Let's look at a good, readable example that reinforces the best-practice use case. Open the file ~/project/lambda_best_practice.py and add the following code:

## A list of dictionaries
students = [
    {'name': 'Alice', 'grade': 88},
    {'name': 'Bob', 'grade': 95},
    {'name': 'Charlie', 'grade': 72}
]

## A good use of lambda: sorting a list of dictionaries by a value
sorted_by_grade = sorted(students, key=lambda student: student['grade'])

print("Sorted by grade:", sorted_by_grade)

## For comparison, a more complex task is better with a named function.
## For example, if you needed to apply a curve and check for a minimum score,
## a 'def' function would be much clearer than a complex lambda.
def process_grade(student):
    curved_grade = student['grade'] * 1.05
    return max(curved_grade, 75) ## Ensure a minimum score

processed_grades = [process_grade(s) for s in students]
print("Processed grades:", processed_grades)

Save the file and run it:

python3 ~/project/lambda_best_practice.py

You will see the output:

Sorted by grade: [{'name': 'Charlie', 'grade': 72}, {'name': 'Alice', 'grade': 88}, {'name': 'Bob', 'grade': 95}]
Processed grades: [92.4, 99.75, 75.60000000000001]

The first part shows a clear and appropriate use of lambda.
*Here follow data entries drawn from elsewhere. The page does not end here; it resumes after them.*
-- ===== src/Orders/Prices/Cancel.antt =====
-- Cancelling an order and voiding an item, on the prices of the stored orders.
use restaurant_pos.Base.{
  ℕ, ◌≡◌, sym, ◌∙◌, ap, subst, inl, inr, not, Option, none, some, ◌==◌, All, All-select, select,
  find, ◌||◌, if◌then◌else◌, arith, Bool-cases, Option-cases,
}
use restaurant_pos.Base.Text.{Text, trim}
use restaurant_pos.Base.Table.{get}
use restaurant_pos.Base.Result.{ok, forbidden, other_branch, prepared_items, reason_required}
use restaurant_pos.Store.{AuditAction}
use restaurant_pos.Store.Kept.{Keeps, Keeps-bind, Keeps-then}
use restaurant_pos.Auth.Policy.{User, can, edit_order, void_prepared_items}
use restaurant_pos.Billing.Payments.Reverse.{is_blank}
use restaurant_pos.Orders.Types.{Order, is_cancelled}
use restaurant_pos.Orders.Update.{branch_matches, recalc_subtotal}
use restaurant_pos.Orders.Cancel.{
  cancel_order, carry_out_cancel, mark_cancelled, drop_item, void_order_item, carry_out_void,
  check_session, remove_one,
}
use restaurant_pos.Orders.Priced.{LinePriced, Priced}
use restaurant_pos.Orders.Cancel.{was_prepared}
use restaurant_pos.Kds.Board.{board_of}
use restaurant_pos.Tables.Access.{require_open_session}
use restaurant_pos.Orders.Prices.{
  OrdersPriced, AllPriced, update_order-AllPriced, remove_voided_item-AllPriced,
  remove_items-AllPriced, check_bill-AllPriced, audit-AllPriced, sync-AllPriced, check-AllPriced,
  pure-AllPriced, load_order-AllPriced, gets-AllPriced,
}

module _ (user : User) (now : ℕ) where
  mark_cancelled-Priced :
      (approver : Option ℕ) (reason : Text) (o d : Order)
      → Priced o
      → mark_cancelled user approver reason now o ≡ ok d
      → Priced d
  unfolding mark_cancelled Priced
  mark_cancelled-Priced approver reason o d h e = elim (Bool-cases (is_cancelled o.status)) [
    | inl t ↦ ground arith
    | inr f ↦
        let items : o.items ≡ d.items = ground arith in
        let subtotal : o.subtotal ≡ d.subtotal = ground arith in
        (subst (All LinePriced) items h.0, sym subtotal ∙ (h.1 ∙ ap recalc_subtotal items))
  ]

  drop_item-Priced :
      (item : ℕ) (reason : Text) (o d : Order)
      → Priced o
      → drop_item user item reason now o ≡ ok d
      → Priced d
  unfolding drop_item Priced
  drop_item-Priced item reason o d h e = elim (Bool-cases (is_cancelled o.status)) [
    | inl t ↦ ground arith
    | inr f ↦ elim (Option-cases (find (λ i. i.id == item) o.items)) [
      | inl e1 ↦ ground arith
      | inr (i, e1) ↦
          let items : select (λ i. not (i.id == item)) o.items ≡ d.items = ground arith in
          let subtotal : d.subtotal ≡ recalc_subtotal d.items = ground arith in
          (subst (All LinePriced) items (All-select LinePriced _ o.items h.0), subtotal)
    ]
  ]

  pub cancel-AllPriced :
      (id expected : ℕ) (text : Text) (approver : Option ℕ)
      → Keeps AllPriced (cancel_order user id expected text approver now)
  unfolding cancel_order carry_out_cancel
  cancel-AllPriced id expected text approver =
      Keeps-then AllPriced _ _ (check-AllPriced (can user edit_order) forbidden) (
        Keeps-then AllPriced _ _ (check-AllPriced (not (is_blank (trim text))) reason_required) (
          Keeps-bind AllPriced _ _ (load_order-AllPriced id) λ o.
            Keeps-then AllPriced _ _ (check-AllPriced (branch_matches user o.branch) other_branch) (
              Keeps-then AllPriced _ _ (check_bill-AllPriced o) (
                Keeps-bind AllPriced _ _ (gets-AllPriced (λ s. was_prepared (board_of s) o))
                  λ prepared.
                    Keeps-then AllPriced _ _
                      (check-AllPriced (not prepared || can user void_prepared_items)
                        prepared_items)
                      (Keeps-bind AllPriced _ _
                        (update_order-AllPriced id expected now _ (
                          mark_cancelled-Priced (if prepared then some user.id else approver)
                            (trim text)))
                        λ y.
                          Keeps-then AllPriced _ _
                            (audit-AllPriced AuditAction.order_cancelled user.id y.id 0 now)
                            (Keeps-then AllPriced _ _ (remove_items-AllPriced y.session y.items now)
                              (Keeps-then AllPriced _ _ (sync-AllPriced y now)
                                (pure-AllPriced y))))))))

  check_session-AllPriced : (o : Order) → Keeps AllPriced (check_session o)
  unfolding check_session require_open_session Keeps
  check_session-AllPriced o s h = subst OrdersPriced (sym same) h
    where
      same : (check_session o s).1.orders ≡ s.orders
      same = elim (Option-cases o.session) [
        | inl e ↦ ground arith
        | inr (x, e) ↦ elim (Option-cases (get s.sessions x)) [
          | inl e1 ↦ ground arith
          | inr (y, e1) ↦ ground arith
        ]
      ]

  remove_one-AllPriced :
      (session : Option ℕ) (item : ℕ) → Keeps AllPriced (remove_one session item now)
  remove_one-AllPriced none item = pure-AllPriced tt
  remove_one-AllPriced (some x) item = remove_voided_item-AllPriced x item now

  pub void-AllPriced :
      (id item expected : ℕ) (text : Text)
      → Keeps AllPriced (void_order_item user id item expected text now)
  unfolding void_order_item carry_out_void
  void-AllPriced id item expected text =
      Keeps-then AllPriced _ _ (check-AllPriced (can user void_prepared_items) forbidden) (
        Keeps-then AllPriced _ _ (check-AllPriced (not (is_blank (trim text))) reason_required) (
          Keeps-bind AllPriced _ _ (load_order-AllPriced id) λ o.
            Keeps-then AllPriced _ _ (check-AllPriced (branch_matches user o.branch) other_branch) (
              Keeps-then AllPriced _ _ (check_session-AllPriced o) (
                Keeps-bind AllPriced _ _
                  (update_order-AllPriced id expected now _ (drop_item-Priced item (trim text)))
                  λ y. Keeps-then AllPriced _ _ (remove_one-AllPriced y.session item) (
                    Keeps-then AllPriced _ _
                      (audit-AllPriced AuditAction.item_removed user.id y.id 0 now)
                      (Keeps-then AllPriced _ _ (sync-AllPriced y now) (pure-AllPriced y)))))))
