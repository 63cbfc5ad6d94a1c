-- ===== src/Orders/Prices/Edit.antt =====
-- Creating and editing an order, on the prices of the stored orders.
use restaurant_pos.Base.{
  ℕ, ◌≡◌, refl, sym, subst, inl, inr, Option, none, some, List, All, arith, Option-cases,
}
use restaurant_pos.Base.Text.{Text}
use restaurant_pos.Base.Table.{get, put}
use restaurant_pos.Base.Result.{forbidden, other_branch, prepared_items}
use restaurant_pos.Store.{AuditAction}
use restaurant_pos.Store.Kept.{Keeps, Keeps-bind, Keeps-then, Keeps-lift, Keeps-modify}
use restaurant_pos.Auth.Policy.{User, can, edit_order}
use restaurant_pos.Menu.Types.{Menu}
use restaurant_pos.Orders.Types.{Order, OrderItem}
use restaurant_pos.Orders.Update.{branch_matches}
use restaurant_pos.Orders.Edit.{EditInput, apply_edit, carry_out_edit, edit_order_before_payment}
use restaurant_pos.Orders.Built.{build_order_items-LinePriced}
use restaurant_pos.Orders.Priced.{LinePriced, Priced, apply_edit-Priced}
use restaurant_pos.Auth.Policy.{create_order}
use restaurant_pos.Kds.Board.{board_of}
use restaurant_pos.Orders.Edit.{reduces_no_prepared}
use restaurant_pos.Settings.Normalize.{given, first_of}
use restaurant_pos.Tables.Types.{TableSession}
use restaurant_pos.Tables.Access.{require_open_session}
use restaurant_pos.Orders.Types.{ServiceMode, dine_in, takeout}
use restaurant_pos.Orders.Build.{build_order_items_from_menu}
use restaurant_pos.Orders.Create.{
  CreateOrderInput, session_of, new_order, store_order, create_order_draft, branch_of,
}
use restaurant_pos.Orders.Prices.{
  OrdersPriced, AllPriced, put-OrdersPriced, update_order-AllPriced, remove_ids-AllPriced,
  check_bill-AllPriced, audit-AllPriced, sync-AllPriced, check-AllPriced, pure-AllPriced,
  load_order-AllPriced, gets-AllPriced,
}

module _ (user : User) (now : ℕ) where
  carry_out_edit-AllPriced :
      (id : ℕ) (input : EditInput) (added : List OrderItem)
      → All LinePriced added
      → Keeps AllPriced (carry_out_edit user id input added now)
  unfolding carry_out_edit
  carry_out_edit-AllPriced id input added k =
      Keeps-bind AllPriced _ _
        (update_order-AllPriced id input.expected now (apply_edit user input added now)
          (λ o d h e. apply_edit-Priced user input now added o d h k e))
        λ o.
          Keeps-then AllPriced _ _ (audit-AllPriced AuditAction.order_edited user.id o.id 0 now) (
            Keeps-then AllPriced _ _ (remove_ids-AllPriced o.session input.remove_items now)
              (Keeps-then AllPriced _ _ (sync-AllPriced o now) (pure-AllPriced o)))

  pub edit-AllPriced :
      (text_of_id : ℕ → Text) (m : Menu) (id : ℕ) (input : EditInput)
      → Keeps AllPriced (edit_order_before_payment text_of_id m user id input now)
  unfolding edit_order_before_payment
  edit-AllPriced text_of_id m id input =
      Keeps-then AllPriced _ _ (check-AllPriced (can user edit_order) forbidden) (
        Keeps-bind AllPriced _ _ (load_order-AllPriced id) λ o.
          Keeps-then AllPriced _ _ (check-AllPriced (branch_matches user o.branch) other_branch) (
            Keeps-then AllPriced _ _ (check_bill-AllPriced o) (
              Keeps-bind AllPriced _ _
                (gets-AllPriced (λ s. reduces_no_prepared input (board_of s) o))
                λ unprepared. Keeps-then AllPriced _ _ (check-AllPriced unprepared prepared_items) (
                  Keeps-lift AllPriced _ _ λ added e. carry_out_edit-AllPriced id input added (
                    build_order_items-LinePriced text_of_id user o.branch m input.add_items added
                      e)))))

new_order-Priced :
    (user : User) (input : CreateOrderInput) (branch : ℕ) (session : Option TableSession)
    (items : List OrderItem) (id now : ℕ)
    → All LinePriced items
    → Priced (new_order user input branch session items id now)
unfolding Priced new_order
new_order-Priced user input branch session items id now h = (h, refl)

store_order-AllPriced : (o : Order) (now : ℕ) → Priced o → Keeps AllPriced (store_order o now)
unfolding store_order
store_order-AllPriced o now p =
    Keeps-then AllPriced _ _
      (Keeps-modify AllPriced (λ s. record s { orders = put s.orders o.id o })
        (λ s h. put-OrdersPriced s.orders o.id o h p))
      (Keeps-then AllPriced _ _ (sync-AllPriced o now) (pure-AllPriced o))

session_of-AllPriced : (input : CreateOrderInput) → Keeps AllPriced (session_of input)
unfolding session_of require_open_session Keeps
session_of-AllPriced input s h = subst OrdersPriced (sym (same input.service_mode input.session)) h
  where
    same :
        (mode : ServiceMode) (session : Option ℕ)
        → (session_of (record input { service_mode = mode; session = session }) s).1.orders
          ≡ s.orders
    same takeout session = ground arith
    same dine_in none = ground arith
    same dine_in (some x) = elim (Option-cases (get s.sessions x)) [
      | inl e1 ↦ ground arith
      | inr (y, e1) ↦ ground arith
    ]

pub create-AllPriced :
    (text_of_id : ℕ → Text) (m : Menu) (user : User) (input : CreateOrderInput) (current id now : ℕ)
    → Keeps AllPriced (create_order_draft text_of_id m user input current id now)
unfolding create_order_draft
create-AllPriced text_of_id m user input current id now =
    Keeps-then AllPriced _ _ (check-AllPriced (can user create_order) forbidden) (
      Keeps-bind AllPriced _ _ (session_of-AllPriced input) λ session.
        let branch =
          given (branch_of session) (given (first_of input.branch user.branch) current) in
        Keeps-then AllPriced _ _ (check-AllPriced (branch_matches user branch) other_branch) (
          Keeps-lift AllPriced (build_order_items_from_menu text_of_id user branch m input.items) _
            λ items e.
              store_order-AllPriced (new_order user input branch session items id now) now (
                new_order-Priced user input branch session items id now
                  (build_order_items-LinePriced text_of_id user branch m input.items items e))))
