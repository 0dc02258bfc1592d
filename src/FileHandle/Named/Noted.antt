-- ===== src/FileHandle/Named/Noted.antt =====
-- What `Directory::AddChildFile` (lib/directory.cc) leaves alone.
use blockfs.Prelude.{
  ℕ, ◌≡◌, inl, inr, refl, ap, ◌∙◌, sym, none, some, ◌==◌, Option, arith, Bool-cases, nat_eq,
  bytes_eq_inst, key_eq_inst,
}
use blockfs.Prelude.Map.{contains, insert, update}
use blockfs.Meta.{FileMeta}
use blockfs.Directory.{add_child_file}
use blockfs.State.{Fs, ok, attempt, ◌>>=◌, file_meta, on_directory}

-- A field of a record that may have been written with that field kept.
pub field_same :
    {A : Type 0} (get : FileMeta → A) (metas : ℕ → FileMeta) (i j : ℕ) (g : FileMeta → FileMeta)
    → ((v : FileMeta) → get (g v) ≡ get v)
    → get (update metas j (g (metas j)) i) ≡ get (metas i)
field_same get metas i j g keeps = elim (Bool-cases (i == j)) [
  | inl e ↦
      let same : i ≡ j = ground arith in rw e (keeps (metas j) ∙ ap (λ k. get (metas k)) (sym same))
  | inr ne ↦ rw ne refl
]

-- What the directory of a file takes note of is not seen by a lookup.
pub record NotesFile (s t : Fs) : Type 0 where
  pub file_handle : t.file_handle ≡ s.file_handle
  pub files : t.files ≡ s.files
  pub dir_handle : t.dir_handle ≡ s.dir_handle
  pub metas : (d : ℕ) → (t.directories d).meta ≡ (s.directories d).meta
  pub dev : t.dev ≡ s.dev

pub add_child_file-NotesFile :
    (d file : ℕ) (s : Fs)
    → (o : Option (Unit {0})) × (t : Fs) × (attempt (add_child_file d file) s ≡ ok o t)
      × NotesFile s t
unfolding add_child_file
add_child_file-NotesFile d file s =
    let fh = (file_meta file s).fh in
    elim (Bool-cases (contains fh (s.directories d).item_maps)) [
      | inl there ↦ (
        none,
        s,
        rw (there, attempt, ◌>>=◌) refl,
        record {
          file_handle = refl;
          files = refl;
          dir_handle = refl;
          metas = λ e. refl;
          dev = refl;
        },
      )
      | inr absent ↦ (
        some tt,
        on_directory d (λ o. record o { item_maps = insert fh file o.item_maps }) s,
        rw (absent, attempt, ◌>>=◌) refl,
        record {
          file_handle = refl;
          files = refl;
          dir_handle = refl;
          metas = λ e. elim (Bool-cases (e == d)) [
            | inl same ↦
                let at_d : e ≡ d = ground arith in
                rw same (ap (λ k. (s.directories k).meta) (sym at_d))
            | inr other ↦ rw other refl
          ];
          dev = refl;
        },
      )
    ]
The second part illustrates a scenario where a named function is more suitable. Always prioritize writing code that is easy for you and others to read and understand.

Summary

In this lab, you learned the fundamentals of Python's lambda functions. You started by understanding their syntax and how they differ from standard functions defined with def. You practiced creating lambdas with zero, one, and multiple parameters, and saw how they can be assigned to variables and called.

A key takeaway was the practical application of lambda functions as arguments for higher-order functions, particularly with sorted() to define custom sorting logic concisely. We also explored advanced techniques like default parameters and immediately invoked function expressions (IIFE). Finally, you reviewed best practices for using lambdas, emphasizing that while they are powerful for simple, single-use cases, readability and maintainability should always be the priority, favoring named functions for more complex logic.